• TASK BRIEF: Could you show all lines in the entries below that contain the string "pure"?

********

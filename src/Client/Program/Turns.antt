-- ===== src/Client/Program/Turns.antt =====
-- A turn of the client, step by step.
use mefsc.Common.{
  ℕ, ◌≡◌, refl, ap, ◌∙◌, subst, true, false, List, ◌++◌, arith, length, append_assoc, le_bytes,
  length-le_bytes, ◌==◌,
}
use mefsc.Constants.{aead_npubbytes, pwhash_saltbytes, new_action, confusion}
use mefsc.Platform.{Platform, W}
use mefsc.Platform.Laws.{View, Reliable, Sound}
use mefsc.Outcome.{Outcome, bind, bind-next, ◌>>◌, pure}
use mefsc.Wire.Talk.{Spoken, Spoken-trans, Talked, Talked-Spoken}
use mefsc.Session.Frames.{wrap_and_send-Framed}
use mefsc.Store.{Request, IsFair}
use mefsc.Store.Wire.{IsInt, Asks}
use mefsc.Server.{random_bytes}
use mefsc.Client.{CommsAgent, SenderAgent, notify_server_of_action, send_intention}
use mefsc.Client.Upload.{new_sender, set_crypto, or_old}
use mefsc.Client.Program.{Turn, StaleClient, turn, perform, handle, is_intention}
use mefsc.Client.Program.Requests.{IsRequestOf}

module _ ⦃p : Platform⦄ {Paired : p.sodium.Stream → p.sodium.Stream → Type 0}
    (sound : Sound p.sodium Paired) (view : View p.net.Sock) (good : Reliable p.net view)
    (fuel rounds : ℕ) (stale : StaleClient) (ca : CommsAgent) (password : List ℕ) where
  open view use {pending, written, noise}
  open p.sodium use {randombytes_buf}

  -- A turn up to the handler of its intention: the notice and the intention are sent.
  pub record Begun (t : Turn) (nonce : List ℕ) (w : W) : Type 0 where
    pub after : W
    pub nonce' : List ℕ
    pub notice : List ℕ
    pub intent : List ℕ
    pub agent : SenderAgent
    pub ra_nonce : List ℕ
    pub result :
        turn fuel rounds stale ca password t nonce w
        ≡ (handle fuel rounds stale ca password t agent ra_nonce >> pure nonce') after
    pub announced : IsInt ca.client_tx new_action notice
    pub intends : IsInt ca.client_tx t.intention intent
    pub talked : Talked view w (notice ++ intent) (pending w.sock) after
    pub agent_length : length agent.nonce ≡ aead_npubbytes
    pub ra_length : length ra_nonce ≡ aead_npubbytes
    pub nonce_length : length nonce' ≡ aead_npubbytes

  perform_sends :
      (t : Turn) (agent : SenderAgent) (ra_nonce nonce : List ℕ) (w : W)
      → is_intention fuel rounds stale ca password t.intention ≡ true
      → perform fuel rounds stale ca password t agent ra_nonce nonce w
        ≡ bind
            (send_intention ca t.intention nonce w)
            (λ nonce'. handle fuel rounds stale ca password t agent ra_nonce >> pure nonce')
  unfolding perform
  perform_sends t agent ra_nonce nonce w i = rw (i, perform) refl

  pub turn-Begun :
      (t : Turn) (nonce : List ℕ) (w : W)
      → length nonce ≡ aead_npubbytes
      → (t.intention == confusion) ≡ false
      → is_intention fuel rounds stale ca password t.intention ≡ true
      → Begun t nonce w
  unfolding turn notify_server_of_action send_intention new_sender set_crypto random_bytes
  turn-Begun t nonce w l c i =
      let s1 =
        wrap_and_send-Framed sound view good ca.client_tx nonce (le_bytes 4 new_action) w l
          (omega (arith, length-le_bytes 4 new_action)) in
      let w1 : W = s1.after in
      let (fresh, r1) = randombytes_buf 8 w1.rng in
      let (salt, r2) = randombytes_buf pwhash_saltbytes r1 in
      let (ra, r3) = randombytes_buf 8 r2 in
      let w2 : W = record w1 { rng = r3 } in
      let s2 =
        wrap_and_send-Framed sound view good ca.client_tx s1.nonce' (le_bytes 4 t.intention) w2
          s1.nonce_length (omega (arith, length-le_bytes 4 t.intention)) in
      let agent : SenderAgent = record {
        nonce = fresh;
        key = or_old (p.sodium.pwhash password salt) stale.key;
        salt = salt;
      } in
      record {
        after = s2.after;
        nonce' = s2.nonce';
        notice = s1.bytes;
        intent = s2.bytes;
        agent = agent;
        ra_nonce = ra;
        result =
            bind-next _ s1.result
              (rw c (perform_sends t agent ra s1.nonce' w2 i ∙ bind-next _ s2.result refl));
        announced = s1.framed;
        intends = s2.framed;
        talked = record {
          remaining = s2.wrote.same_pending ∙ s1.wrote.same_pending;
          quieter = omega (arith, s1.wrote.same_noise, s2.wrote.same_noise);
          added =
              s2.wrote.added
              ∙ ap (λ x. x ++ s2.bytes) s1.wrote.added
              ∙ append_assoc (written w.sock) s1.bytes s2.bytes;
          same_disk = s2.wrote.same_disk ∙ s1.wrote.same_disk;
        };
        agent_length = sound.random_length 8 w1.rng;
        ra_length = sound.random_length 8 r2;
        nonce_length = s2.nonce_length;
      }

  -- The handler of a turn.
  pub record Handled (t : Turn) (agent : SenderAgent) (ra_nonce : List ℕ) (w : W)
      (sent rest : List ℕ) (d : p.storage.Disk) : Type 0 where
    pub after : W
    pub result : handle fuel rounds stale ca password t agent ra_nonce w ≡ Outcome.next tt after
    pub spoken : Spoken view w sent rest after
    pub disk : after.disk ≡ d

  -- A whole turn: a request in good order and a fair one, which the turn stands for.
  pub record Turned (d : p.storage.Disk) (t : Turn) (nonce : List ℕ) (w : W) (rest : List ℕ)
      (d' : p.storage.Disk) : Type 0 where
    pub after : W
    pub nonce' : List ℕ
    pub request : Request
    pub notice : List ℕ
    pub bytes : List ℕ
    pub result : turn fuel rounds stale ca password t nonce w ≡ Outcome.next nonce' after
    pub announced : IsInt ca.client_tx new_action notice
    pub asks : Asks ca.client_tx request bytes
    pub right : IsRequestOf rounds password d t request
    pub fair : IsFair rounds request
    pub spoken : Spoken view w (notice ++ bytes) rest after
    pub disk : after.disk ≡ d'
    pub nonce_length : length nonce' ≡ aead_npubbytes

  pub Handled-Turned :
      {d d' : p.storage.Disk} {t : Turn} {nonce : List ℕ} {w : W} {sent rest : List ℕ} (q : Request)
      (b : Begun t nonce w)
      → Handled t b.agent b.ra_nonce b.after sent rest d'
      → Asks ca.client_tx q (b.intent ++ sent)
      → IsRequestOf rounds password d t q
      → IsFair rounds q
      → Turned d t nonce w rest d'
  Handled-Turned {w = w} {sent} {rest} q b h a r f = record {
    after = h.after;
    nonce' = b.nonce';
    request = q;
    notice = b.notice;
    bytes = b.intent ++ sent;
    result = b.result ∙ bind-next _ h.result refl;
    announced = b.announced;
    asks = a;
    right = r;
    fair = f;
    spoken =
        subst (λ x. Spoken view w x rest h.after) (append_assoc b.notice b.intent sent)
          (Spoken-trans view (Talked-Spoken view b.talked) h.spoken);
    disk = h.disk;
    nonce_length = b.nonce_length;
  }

********

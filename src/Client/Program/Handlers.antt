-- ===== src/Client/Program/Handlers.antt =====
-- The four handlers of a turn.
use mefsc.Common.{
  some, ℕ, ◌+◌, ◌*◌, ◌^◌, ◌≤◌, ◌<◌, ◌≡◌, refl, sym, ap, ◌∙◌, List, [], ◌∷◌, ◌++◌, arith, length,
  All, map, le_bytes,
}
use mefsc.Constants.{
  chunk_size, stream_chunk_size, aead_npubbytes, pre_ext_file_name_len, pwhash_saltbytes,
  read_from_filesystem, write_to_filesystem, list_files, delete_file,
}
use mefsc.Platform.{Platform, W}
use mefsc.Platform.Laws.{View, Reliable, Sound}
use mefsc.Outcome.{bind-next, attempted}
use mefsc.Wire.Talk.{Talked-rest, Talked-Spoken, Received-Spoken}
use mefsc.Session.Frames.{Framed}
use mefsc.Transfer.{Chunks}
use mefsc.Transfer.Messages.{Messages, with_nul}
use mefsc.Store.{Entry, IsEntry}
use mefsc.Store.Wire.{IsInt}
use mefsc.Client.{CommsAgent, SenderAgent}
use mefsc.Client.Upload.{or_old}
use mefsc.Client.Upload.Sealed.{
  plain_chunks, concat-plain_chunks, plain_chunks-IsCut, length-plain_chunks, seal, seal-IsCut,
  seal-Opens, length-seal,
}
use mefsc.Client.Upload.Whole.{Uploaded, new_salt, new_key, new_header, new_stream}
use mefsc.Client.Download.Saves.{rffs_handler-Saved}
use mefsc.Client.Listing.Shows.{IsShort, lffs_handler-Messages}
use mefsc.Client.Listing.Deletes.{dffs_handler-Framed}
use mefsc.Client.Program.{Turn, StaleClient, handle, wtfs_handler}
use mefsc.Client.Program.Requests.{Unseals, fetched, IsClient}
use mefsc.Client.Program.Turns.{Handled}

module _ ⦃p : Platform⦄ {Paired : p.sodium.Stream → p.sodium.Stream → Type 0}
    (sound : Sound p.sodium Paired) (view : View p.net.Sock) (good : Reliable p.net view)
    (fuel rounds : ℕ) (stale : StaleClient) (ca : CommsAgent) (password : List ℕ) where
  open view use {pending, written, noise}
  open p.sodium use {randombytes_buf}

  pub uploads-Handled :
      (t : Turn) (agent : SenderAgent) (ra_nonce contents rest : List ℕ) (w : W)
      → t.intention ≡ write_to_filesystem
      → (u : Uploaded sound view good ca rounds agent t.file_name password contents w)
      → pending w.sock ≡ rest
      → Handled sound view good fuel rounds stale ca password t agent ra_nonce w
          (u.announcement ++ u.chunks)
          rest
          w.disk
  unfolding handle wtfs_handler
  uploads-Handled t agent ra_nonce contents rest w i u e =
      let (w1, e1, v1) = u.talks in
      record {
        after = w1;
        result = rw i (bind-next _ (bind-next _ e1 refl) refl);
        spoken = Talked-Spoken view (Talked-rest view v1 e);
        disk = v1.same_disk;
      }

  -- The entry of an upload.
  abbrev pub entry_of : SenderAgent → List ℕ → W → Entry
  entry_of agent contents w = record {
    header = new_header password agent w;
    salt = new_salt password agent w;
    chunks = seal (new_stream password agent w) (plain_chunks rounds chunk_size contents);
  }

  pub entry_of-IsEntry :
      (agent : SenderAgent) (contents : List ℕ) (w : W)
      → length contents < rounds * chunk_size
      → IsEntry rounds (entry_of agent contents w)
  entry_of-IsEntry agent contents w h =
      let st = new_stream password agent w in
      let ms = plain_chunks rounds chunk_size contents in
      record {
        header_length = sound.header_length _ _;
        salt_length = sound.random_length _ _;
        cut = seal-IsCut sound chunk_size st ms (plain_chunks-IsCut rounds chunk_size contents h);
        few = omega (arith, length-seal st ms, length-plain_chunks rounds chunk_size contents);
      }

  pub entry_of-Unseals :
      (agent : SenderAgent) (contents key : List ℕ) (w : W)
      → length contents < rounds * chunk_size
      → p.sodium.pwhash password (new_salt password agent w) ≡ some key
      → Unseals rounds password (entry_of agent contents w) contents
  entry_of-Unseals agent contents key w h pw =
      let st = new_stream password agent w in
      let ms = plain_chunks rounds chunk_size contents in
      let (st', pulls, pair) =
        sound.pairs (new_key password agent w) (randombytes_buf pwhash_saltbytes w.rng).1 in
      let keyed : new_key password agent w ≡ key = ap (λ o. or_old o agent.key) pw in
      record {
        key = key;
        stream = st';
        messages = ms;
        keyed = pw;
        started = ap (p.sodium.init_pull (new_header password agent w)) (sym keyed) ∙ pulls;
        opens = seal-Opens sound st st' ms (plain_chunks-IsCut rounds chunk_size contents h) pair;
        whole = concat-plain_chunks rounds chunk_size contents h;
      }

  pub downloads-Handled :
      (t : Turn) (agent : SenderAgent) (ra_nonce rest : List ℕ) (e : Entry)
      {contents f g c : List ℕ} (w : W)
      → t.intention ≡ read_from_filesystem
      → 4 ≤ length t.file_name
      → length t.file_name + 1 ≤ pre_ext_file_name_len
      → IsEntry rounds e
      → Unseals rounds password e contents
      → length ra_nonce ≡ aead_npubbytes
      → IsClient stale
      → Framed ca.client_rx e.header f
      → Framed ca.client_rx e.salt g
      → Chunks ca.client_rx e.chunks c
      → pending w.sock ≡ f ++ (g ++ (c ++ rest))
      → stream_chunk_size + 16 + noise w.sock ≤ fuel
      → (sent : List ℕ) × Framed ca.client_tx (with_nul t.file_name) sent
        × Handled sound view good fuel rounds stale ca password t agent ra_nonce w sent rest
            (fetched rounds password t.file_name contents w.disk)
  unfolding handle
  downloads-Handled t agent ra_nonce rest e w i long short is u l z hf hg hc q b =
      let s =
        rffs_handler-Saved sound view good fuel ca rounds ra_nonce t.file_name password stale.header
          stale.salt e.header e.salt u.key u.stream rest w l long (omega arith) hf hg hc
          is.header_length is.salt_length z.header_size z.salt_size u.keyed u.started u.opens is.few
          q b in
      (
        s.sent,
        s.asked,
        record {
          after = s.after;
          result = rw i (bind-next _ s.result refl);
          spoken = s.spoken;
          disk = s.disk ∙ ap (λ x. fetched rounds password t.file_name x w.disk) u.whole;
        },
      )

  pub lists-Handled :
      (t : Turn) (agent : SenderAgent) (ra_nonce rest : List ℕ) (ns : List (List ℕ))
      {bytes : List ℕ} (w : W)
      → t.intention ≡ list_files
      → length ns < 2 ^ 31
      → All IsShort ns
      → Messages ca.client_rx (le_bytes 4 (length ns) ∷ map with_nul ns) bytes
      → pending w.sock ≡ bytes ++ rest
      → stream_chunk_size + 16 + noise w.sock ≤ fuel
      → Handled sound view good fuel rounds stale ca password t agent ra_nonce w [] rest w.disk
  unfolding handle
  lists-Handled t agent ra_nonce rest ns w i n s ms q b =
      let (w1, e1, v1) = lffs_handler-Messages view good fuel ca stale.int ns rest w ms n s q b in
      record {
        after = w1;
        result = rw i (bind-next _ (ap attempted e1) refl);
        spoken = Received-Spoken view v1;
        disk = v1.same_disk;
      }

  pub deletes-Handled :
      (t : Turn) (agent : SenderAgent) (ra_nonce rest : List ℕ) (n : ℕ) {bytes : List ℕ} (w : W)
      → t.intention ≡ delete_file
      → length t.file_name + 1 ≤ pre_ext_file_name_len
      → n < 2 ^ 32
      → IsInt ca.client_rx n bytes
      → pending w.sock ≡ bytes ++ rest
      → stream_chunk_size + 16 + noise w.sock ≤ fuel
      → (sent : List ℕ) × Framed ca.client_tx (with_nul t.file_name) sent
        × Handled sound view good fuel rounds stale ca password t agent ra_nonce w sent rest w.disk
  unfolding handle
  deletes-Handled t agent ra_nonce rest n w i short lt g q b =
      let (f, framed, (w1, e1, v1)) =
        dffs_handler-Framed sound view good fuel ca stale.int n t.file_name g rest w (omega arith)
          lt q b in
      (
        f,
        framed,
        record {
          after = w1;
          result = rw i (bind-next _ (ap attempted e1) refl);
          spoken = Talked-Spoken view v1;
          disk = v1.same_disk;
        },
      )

********

• EXERCISE RESPONSE:
use mefsc.Outcome.{Outcome, bind, bind-next, ◌>>◌, pure}
        ≡ (handle fuel rounds stale ca password t agent ra_nonce >> pure nonce') after
            (λ nonce'. handle fuel rounds stale ca password t agent ra_nonce >> pure nonce')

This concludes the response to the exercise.